Beautiful blue eyes glistening suspiciously, she nodded her head really fast.
“Words, dorogaya. Give me the words. For your children.” And for him, though he would never say so.
“Yes, Maxwell Black, I will marry you and I don’t care how airtight that book you call a prenuptial agreement is, you’ll have a heck of a time getting rid of me.”
He didn’t argue with her. Maxwell didn’t want to dwell on invoking the clauses in the contract.
He took the ring from the box and put his hand out imperiously for hers. She gave it to him without hesitation, placing her left hand into his.
He slid the custom-designed engagement ring onto her finger and only then did she look down at it.
The ten-karat blue sapphire was the same shade as her eyes, the large diamonds on either side sparkling with Romi’s effervescence. Set in a vintage-style Russian gold filigree band, he was very pleased with the Tiffany master jeweler’s design.
“It’s beautiful,” she said in an emotion-laden voice.
“I had it designed for you.”
“You’re a planner.”
“I am.” No need to tell her the designers had been working on the ring since well before Jeremy Archer’s marriage contract offer for his daughter.
“It’s really big.”
“But it fits you.” And he didn’t mean the size. Naturally, he’d gotten that right.
She choked out a laugh. “It does. I should be all about how ostentatious it is, but I love it.”
“It sparkles like you do.”
“Ooh, you really do say some of the cheesiest things and make them sound way too romantic.”
He shrugged. “It’s a gift.”
That had only manifested for this woman, but who was keeping track?
“Are you ready to go home?” he asked.
Romi’s face contorted with emotion. “Other than college dorms, I’ve never lived anywhere but here.”
“You like the penthouse.”
“I do.”
“But this is home.”
“Dad needed me for so long, I couldn’t think of living anywhere else.”
“Even so, you love this house, don’t you?”
Romi nodded but smiled as she stood, no reluctance evident in her manner. “I’m ready to go.”
They hadn’t finished dinner, but he didn’t think either of them was worried about that right now.

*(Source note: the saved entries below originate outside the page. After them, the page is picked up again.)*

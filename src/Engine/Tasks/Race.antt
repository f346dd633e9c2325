-- ===== src/Engine/Tasks/Race.antt =====
-- Two users claim one task at the same time.
use bpm_new.Common.{
  ℕ, true, false, ◌≡◌, refl, Option, none, some, List, Str, inl, inr, Bool-cases, Option-cases,
  arith, ◌⊎◌, any,
}
use bpm_new.Engine.Tokens.Defs.{
  Token, Db, Reason, Exception, forbidden, conflict, already_claimed, concurrent_update, Result, ok,
  err, find_token, update_token_with_lock, record_event, task_claimed, at_version, Event,
  role_not_held,
}
use bpm_new.Engine.Tokens.Lock.{update_token_with_lock_once}
use bpm_new.Engine.Tasks.Defs.{
  ClaimReply, claimed, claim_row, claim_task, may_perform, is_user, is_assigned, assign_to,
  awaits_user, finds_suspended, instance_by_id,
}

Result-cases {ℓ} :
    {A : Type ℓ} (r : Result A) → ((a : A) × (r ≡ ok a)) ⊎ ((e : Exception) × (r ≡ err e))
Result-cases (ok a) = inl (a, refl)
Result-cases (err e) = inr (e, refl)

-- What a granted claim has found in the row that it read.
claim_row-claimed :
    (others : Db → Db) (user : ℕ) (roles : List Str) (row : Token) (db : Db) {db' : Db}
    → claim_row others user roles row db ≡ ok (claimed, db')
    → (is_assigned row.assigned_to ≡ false)
      × (may_perform row.candidate_role roles ≡ true)
      × (d : Db) × (update_token_with_lock row.id row.version (assign_to (some user)) (others db)
          ≡ ok d)
      × (db' ≡ record_event (task_claimed row.id user row.candidate_role) d)
unfolding claim_row
claim_row-claimed others user roles row db {db'} h =
    elim (Result-cases
      (update_token_with_lock row.id row.version (assign_to (some user)) (others db))) [
        | inl (d, e) ↦ (ground arith, ground arith, d, e, ground arith)
        | inr (x, e) ↦ absurd (ground arith)
      ]

update_token_with_lock-record_event :
    (id version : ℕ) (patch : Token → Token) (e : Event) (db : Db) {x : Exception}
    → update_token_with_lock id version patch db ≡ err x
    → update_token_with_lock id version patch (record_event e db) ≡ err x
unfolding update_token_with_lock
update_token_with_lock-record_event id version patch e db {x} h =
    elim (Bool-cases (any (at_version id version) db.tokens)) [
      | inl t ↦ absurd (cc (rw t at h))
      | inr f ↦ rw f (rw f at h)
    ]

-- The row that the transaction read passed the guards in front of the claim.
claim_task-row :
    (others : Db → Db) (token tenant user : ℕ) (roles : List Str) (db : Db) {r : ClaimReply × Db}
    → claim_task others token tenant user roles db ≡ ok r
    → (row : Token) × (find_token token tenant db.tokens ≡ some row)
      × (finds_suspended (instance_by_id row.instance_id db.instances) ≡ false)
      × (awaits_user row ≡ true)
      × (claim_row others user roles row db ≡ ok r)
unfolding claim_task
claim_task-row others token tenant user roles db {r} h =
    elim (Option-cases (find_token token tenant db.tokens)) [
      | inl e ↦ absurd (cc (rw e at h))
      | inr (row, e) ↦
          let h' = rw e at h in
          elim (Bool-cases (finds_suspended (instance_by_id row.instance_id db.instances))) [
            | inl s ↦ absurd (cc (rw s at h'))
            | inr s ↦
                let h'' = rw s at h' in
                elim (Bool-cases (awaits_user row)) [
                  | inl w ↦ (row, e, s, w, rw w at h'')
                  | inr w ↦ absurd (cc (rw w at h''))
                ]
          ]
    ]

-- A user whose claim is granted held the candidate role, on a task that nobody had claimed, that was
-- waiting for a user, and whose instance was not suspended; and afterwards the version that was read
-- is gone.
pub claim_task-authorized :
    (others : Db → Db) (token tenant user : ℕ) (roles : List Str) (db : Db) {db' : Db}
    → claim_task others token tenant user roles db ≡ ok (claimed, db')
    → (row : Token) × (find_token token tenant db.tokens ≡ some row)
      × (is_assigned row.assigned_to ≡ false)
      × (may_perform row.candidate_role roles ≡ true)
      × (awaits_user row ≡ true)
      × (finds_suspended (instance_by_id row.instance_id db.instances) ≡ false)
      × ((patch : Token → Token)
          → update_token_with_lock row.id row.version patch db' ≡ err (conflict concurrent_update))
claim_task-authorized others token tenant user roles db {db'} h =
    let (row, found, running, waits, inner) = claim_task-row others token tenant user roles db h in
    let (free, may, d, updated, done) = claim_row-claimed others user roles row db inner in
    (
      row,
      found,
      free,
      may,
      waits,
      running,
      λ patch. rw done (
          update_token_with_lock-record_event row.id row.version patch _ d (
            update_token_with_lock_once row.id row.version (assign_to (some user)) patch (others db)
              updated)),
    )

is_user-unassigned : (u : ℕ) (o : Option ℕ) → is_assigned o ≡ false → is_user u o ≡ false
is_user-unassigned u none h = refl
is_user-unassigned u (some v) h = cc

claim_row-stale :
    (others : Db → Db) (rival : ℕ) (roles : List Str) (row : Token) (db : Db)
    → is_assigned row.assigned_to ≡ false
    → update_token_with_lock row.id row.version (assign_to (some rival)) (others db)
      ≡ err (conflict concurrent_update)
    → (reason : Reason) × (claim_row others rival roles row db ≡ err (forbidden reason))
unfolding claim_row
claim_row-stale others rival roles row db free stale =
    elim (Bool-cases (may_perform row.candidate_role roles)) [
      | inl m ↦ (
        already_claimed,
        rw (is_user-unassigned rival row.assigned_to free) (rw free (rw m (rw stale refl))),
      )
      | inr m ↦
          (role_not_held, rw (is_user-unassigned rival row.assigned_to free) (rw free (rw m refl)))
    ]

-- Two users claim a task that both have read at the same time. If the claim of one is granted, the
-- claim of the other is refused as forbidden, whatever roles he holds.
pub claim_task_race :
    (token tenant user rival : ℕ) (roles roles' : List Str) (db : Db) {db' : Db}
    → claim_task (λ d. d) token tenant user roles db ≡ ok (claimed, db')
    → (reason : Reason) × (claim_task (λ _. db') token tenant rival roles' db
        ≡ err (forbidden reason))
unfolding claim_task
claim_task_race token tenant user rival roles roles' db {db'} h =
    let (row, found, free, may, waits, running, gone) =
      claim_task-authorized (λ d. d) token tenant user roles db h in
    let (reason, refused) =
      claim_row-stale (λ _. db') rival roles' row db free (gone (assign_to (some rival))) in
    (reason, rw found (rw running (rw waits refused)))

He wanted to go back to the penthouse and consummate Romi’s promise to be his and he was certain she wanted the same.
CHAPTER ELEVEN
KNOWING MAX WOULD want it as much as she did, Romi had packed for a much longer stay than overnight.
Triumph had flashed in his gaze when he’d seen her suitcases and matching carryall. He’d smiled, too. “Lime green with white polka dots?”
“I suppose your luggage is black.”
“No.” He winked. “It’s brown leather.”
She melted at the wink and poured herself into the passenger seat of his growling predator of a car.
He shocked her by insisting she unpack before doing anything else, but when her last pair of bright purple jeans was hanging in his walk-in closet, which was the size of a small bedroom—and empty on one side for her—he carried her off to bed and they made love.
She’d thought maybe the night before had been so beyond the known universe because it was her first time, but she’d soon discovered it was just being with this man.
He rocked her world and by every indication she did the same for him.
* * *
Maddie returned from her honeymoon in high spirits and ready to find a building for the charter school. She and Romi spent hours trailing after Viktor’s incredibly competent Realtor.
Not really sure why she did it, Romi hid her engagement ring in her purse whenever they were together. She didn’t tell her SBC that Romi’s father was in rehab and Romi herself was living with the man she intended to marry.